Records contained in a dataset
•••••

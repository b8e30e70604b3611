-- ===== src/Examples/Parsing.antt =====
-- crates/gmr-expr/src/parse.rs at concrete texts.
use gmr.Support.{[], ◌∷◌, true, ◌≡◌, ◌≢◌, refl}
use gmr.Support.Text.{Text, txt, parse_usize, text_eq}
use gmr.Json.{pos, bool, number, string}
use gmr.Expr.Ast.{
  Root, Step, Quant, Over, BinOp, Node, path, lit, binary, neg, changed, quantified, no_fields,
  with_field, no_items, with_item, Expression,
}
use gmr.Expr.Parse.{parse}
use gmr.Expr.Parse.Lexer.{parsed, syntax_error, out_of_fuel}
use gmr.Expr.Parse.Total.{parse-ne-out_of_fuel}
use gmr.Examples.Host.{integers}

abbrev field_path : Root → Text → Expression
field_path root name = path (record { root = root; steps = Step.field name ∷ [] })

-- `and` binds closer than `or`, and `>` closer than `and`.
precedence_test :
    parse (txt "obs.a > 1 or not true and state.b")
    ≡ parsed
        (binary BinOp.or
          (binary BinOp.gt (field_path Root.obs (txt "a")) (lit (number (pos 1))))
          (binary BinOp.and (Node.not (lit (bool true))) (field_path Root.state (txt "b"))))
        []
unfolding parse parse_usize text_eq
precedence_test = refl

object_test :
    parse (txt "{ status: \"done\", n: [-1, ] }")
    ≡ parsed
        (Node.object (
          with_field (txt "status") (lit (string (txt "done"))) (
            with_field
              (txt "n")
              (Node.array (with_item (neg (lit (number (pos 1)))) no_items))
              no_fields)))
        []
unfolding parse parse_usize text_eq
object_test = refl

quantified_test :
    parse (txt "any(anchors, changed(\"x\"))")
    ≡ parsed (quantified Quant.any Over.anchors (changed (txt "x"))) []
unfolding parse parse_usize text_eq
quantified_test = refl

trailing_test : parse (txt "1 )") ≡ syntax_error (txt "trailing `)`")
unfolding parse parse_usize text_eq
trailing_test = refl

parse-ne-out_of_fuel_example : parse (txt "any(anchors, not obs.a[0] > 1d)") ≢ out_of_fuel
parse-ne-out_of_fuel_example = parse-ne-out_of_fuel (txt "any(anchors, not obs.a[0] > 1d)")
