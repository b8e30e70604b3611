-- ===== src/Store/Queue/Retired.antt =====
-- crates/gmr-store/src/sqlite/queue.rs: who is retired is not due.
use gmr.Support.{ℕ, [], ◌∷◌, Bool, false, ◌&&◌, ◌≡◌, All, Bool-cases, inl, inr}
use gmr.Support.Text.{Text, text_eq}
use gmr.Store.Queue.{Slot, Ticket, Queue, retire, is_of, is_due, due, settle}

-- None of the tickets is of the anchor.
abbrev pub NotAmong : Text → Queue → (Slot → Bool) → ℕ → ℕ → Type 0
NotAmong a q chosen now until =
    All (λ (t : Ticket). text_eq t.anchor a ≡ false) (due chosen now until q).0

pub due-settle_retire :
    (ticket : Ticket) (chosen : Slot → Bool) (now until at : ℕ) (q : Queue)
    → NotAmong ticket.anchor (settle ticket retire at q) chosen now until
unfolding due settle
due-settle_retire ticket chosen now until at [] = tt
due-settle_retire ticket chosen now until at (slot ∷ q) =
    elim (Bool-cases (is_of ticket.anchor slot)) [
      | inl e ↦ rw (settle, e) (due-settle_retire ticket chosen now until at q)
      | inr e ↦ elim (Bool-cases (is_due now slot && chosen slot)) [
        | inl k ↦ rw (settle, e, due, k) (e, due-settle_retire ticket chosen now until at q)
        | inr k ↦ rw (settle, e, due, k) (due-settle_retire ticket chosen now until at q)
      ]
    ]
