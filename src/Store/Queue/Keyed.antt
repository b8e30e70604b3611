-- ===== src/Store/Queue/Keyed.antt =====
-- crates/gmr-store/src/sqlite/queue.rs: the anchor is the table's primary key, and every operation
-- keeps it one.
use gmr.Support.{
  ℕ, [], ◌∷◌, ◌++◌, Bool, true, false, ◌||◌, ◌&&◌, any, leb, ◌≡◌, refl, ap, ◌∙◌, Bool-cases, inl,
  inr,
}
use gmr.Support.Text.{Text, text_eq, text_eq_refl, eq_of_text_eq}
use gmr.Store.Queue.{
  Slot, Ticket, Disposition, reschedule, backoff, retire, Queue, is_of, new_slot, enqueue,
  ensure_enqueued, lease, due, is_due, dispose, settle,
}

abbrev pub has_row : Text → Queue → Bool
has_row a q = any (is_of a) q

-- No anchor has two rows.
unfoldable pub IsKeyed : Queue → Type 0
IsKeyed [] = Unit
IsKeyed (slot ∷ slots) = (has_row slot.anchor slots ≡ false) × IsKeyed slots

text_ne_sym : (s t : Text) → text_eq s t ≡ false → text_eq t s ≡ false
text_ne_sym s t h = elim (Bool-cases (text_eq t s)) [
  | inr q ↦ q
  | inl q ↦
      let same : text_eq s t ≡ true =
        ap (λ (x : Text). text_eq s x) (eq_of_text_eq t s q) ∙ text_eq_refl s in
      cc
]

has_row-lease :
    (a anchor : Text) (now until : ℕ) (q : Queue)
    → has_row a (lease anchor now until q).1 ≡ has_row a q
unfolding lease
has_row-lease a anchor now until [] = refl
has_row-lease a anchor now until (slot ∷ slots) = elim (Bool-cases (is_of anchor slot)) [
  | inr e ↦ rw (lease, e) (ap (λ b. is_of a slot || b) (has_row-lease a anchor now until slots))
  | inl e ↦ elim (Bool-cases (leb slot.lease_until now)) [
    | inl l ↦ rw (lease, e, l) refl
    | inr l ↦ rw (lease, e, l) refl
  ]
]

has_row-due :
    (a : Text) (chosen : Slot → Bool) (now until : ℕ) (q : Queue)
    → has_row a (due chosen now until q).1 ≡ has_row a q
unfolding due
has_row-due a chosen now until [] = refl
has_row-due a chosen now until (slot ∷ slots) = elim (Bool-cases (is_due now slot && chosen slot)) [
  | inl e ↦ rw (due, e) (ap (λ b. is_of a slot || b) (has_row-due a chosen now until slots))
  | inr e ↦ rw (due, e) (ap (λ b. is_of a slot || b) (has_row-due a chosen now until slots))
]

has_row-dispose :
    (a : Text) (d : Disposition) (now : ℕ) (slot : Slot) (slots : Queue)
    → has_row a (dispose d now slot ∷ slots) ≡ has_row a (slot ∷ slots)
unfolding dispose
has_row-dispose a retire now slot slots = refl
has_row-dispose a (reschedule n) now slot slots = refl
has_row-dispose a (backoff n) now slot slots = refl

has_row-settle :
    (a : Text) (ticket : Ticket) (d : Disposition) (now : ℕ) (q : Queue)
    → has_row a (settle ticket d now q) ≡ has_row a q
unfolding settle
has_row-settle a ticket d now [] = refl
has_row-settle a ticket d now (slot ∷ slots) =
    let rest = ap (λ b. is_of a slot || b) (has_row-settle a ticket d now slots) in
    elim (Bool-cases (is_of ticket.anchor slot)) [
      | inl e ↦ rw (settle, e) (has_row-dispose a d now slot (settle ticket d now slots) ∙ rest)
      | inr e ↦ rw (settle, e) rest
    ]

has_row-enqueue :
    (a anchor : Text) (at : ℕ) (q : Queue)
    → text_eq a anchor ≡ false
    → has_row a q ≡ false
    → has_row a (enqueue anchor at q) ≡ false
unfolding enqueue
has_row-enqueue a anchor at [] ne h = rw (text_ne_sym a anchor ne) refl
has_row-enqueue a anchor at (slot ∷ slots) ne h = elim (Bool-cases (is_of a slot)) [
  | inl e ↦ let k = rw e at h in cc
  | inr e ↦ elim (Bool-cases (is_of anchor slot)) [
    | inl f ↦ rw (enqueue, f) h
    | inr f ↦ rw (enqueue, f, e) (has_row-enqueue a anchor at slots ne (rw e at h))
  ]
]

has_row-snoc :
    (a anchor : Text) (at : ℕ) (q : Queue)
    → text_eq a anchor ≡ false
    → has_row a q ≡ false
    → has_row a (q ++ new_slot anchor at ∷ []) ≡ false
has_row-snoc a anchor at [] ne h = rw (text_ne_sym a anchor ne) refl
has_row-snoc a anchor at (slot ∷ slots) ne h = elim (Bool-cases (is_of a slot)) [
  | inl e ↦ let k = rw e at h in cc
  | inr e ↦ rw e (has_row-snoc a anchor at slots ne (rw e at h))
]

pub lease-IsKeyed :
    (anchor : Text) (now until : ℕ) (q : Queue) → IsKeyed q → IsKeyed (lease anchor now until q).1
unfolding lease IsKeyed
lease-IsKeyed anchor now until [] h = tt
lease-IsKeyed anchor now until (slot ∷ slots) h = elim (Bool-cases (is_of anchor slot)) [
  | inr e ↦
      rw (lease, e)
        (
          has_row-lease slot.anchor anchor now until slots ∙ h.0,
          lease-IsKeyed anchor now until slots h.1,
        )
  | inl e ↦ elim (Bool-cases (leb slot.lease_until now)) [
    | inl l ↦ rw (lease, e, l) h
    | inr l ↦ rw (lease, e, l) h
  ]
]

pub due-IsKeyed :
    (chosen : Slot → Bool) (now until : ℕ) (q : Queue)
    → IsKeyed q
    → IsKeyed (due chosen now until q).1
unfolding due IsKeyed
due-IsKeyed chosen now until [] h = tt
due-IsKeyed chosen now until (slot ∷ slots) h =
    let both : IsKeyed (slot ∷ (due chosen now until slots).1) = (
      has_row-due slot.anchor chosen now until slots ∙ h.0,
      due-IsKeyed chosen now until slots h.1,
    ) in
    elim (Bool-cases (is_due now slot && chosen slot)) [
      | inl e ↦ rw (due, e) both
      | inr e ↦ rw (due, e) both
    ]

dispose-IsKeyed :
    (d : Disposition) (now : ℕ) (slot : Slot) (slots : Queue)
    → IsKeyed (slot ∷ slots)
    → IsKeyed (dispose d now slot ∷ slots)
unfolding dispose IsKeyed
dispose-IsKeyed retire now slot slots h = h
dispose-IsKeyed (reschedule n) now slot slots h = h
dispose-IsKeyed (backoff n) now slot slots h = h

pub settle-IsKeyed :
    (ticket : Ticket) (d : Disposition) (now : ℕ) (q : Queue)
    → IsKeyed q
    → IsKeyed (settle ticket d now q)
unfolding settle IsKeyed
settle-IsKeyed ticket d now [] h = tt
settle-IsKeyed ticket d now (slot ∷ slots) h =
    let both : IsKeyed (slot ∷ settle ticket d now slots) = (
      has_row-settle slot.anchor ticket d now slots ∙ h.0,
      settle-IsKeyed ticket d now slots h.1,
    ) in
    elim (Bool-cases (is_of ticket.anchor slot)) [
      | inl e ↦ rw (settle, e) (dispose-IsKeyed d now slot (settle ticket d now slots) both)
      | inr e ↦ rw (settle, e) both
    ]

pub enqueue-IsKeyed :
    (anchor : Text) (at : ℕ) (q : Queue) → IsKeyed q → IsKeyed (enqueue anchor at q)
unfolding enqueue IsKeyed
enqueue-IsKeyed anchor at [] h = (refl, tt)
enqueue-IsKeyed anchor at (slot ∷ slots) h = elim (Bool-cases (is_of anchor slot)) [
  | inl e ↦ rw (enqueue, e) h
  | inr e ↦
      rw (enqueue, e)
        (has_row-enqueue slot.anchor anchor at slots e h.0, enqueue-IsKeyed anchor at slots h.1)
]

snoc-IsKeyed :
    (anchor : Text) (at : ℕ) (q : Queue)
    → has_row anchor q ≡ false
    → IsKeyed q
    → IsKeyed (q ++ new_slot anchor at ∷ [])
unfolding IsKeyed
snoc-IsKeyed anchor at [] new h = (refl, tt)
snoc-IsKeyed anchor at (slot ∷ slots) new h = elim (Bool-cases (is_of anchor slot)) [
  | inl e ↦ let k = rw e at new in cc
  | inr e ↦ (
    has_row-snoc slot.anchor anchor at slots e h.0,
    snoc-IsKeyed anchor at slots (rw e at new) h.1,
  )
]

pub ensure-IsKeyed :
    (anchor : Text) (at : ℕ) (q : Queue) → IsKeyed q → IsKeyed (ensure_enqueued anchor at q).1
unfolding ensure_enqueued
ensure-IsKeyed anchor at q h = elim (Bool-cases (has_row anchor q)) [
  | inl e ↦ rw (ensure_enqueued, e) h
  | inr e ↦ rw (ensure_enqueued, e) (snoc-IsKeyed anchor at q e h)
]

•••••

> [What is being asked]: Above are the records. How many of their lines hold "sqlite"? Answer with the number alone.

> [Result of this task]: 2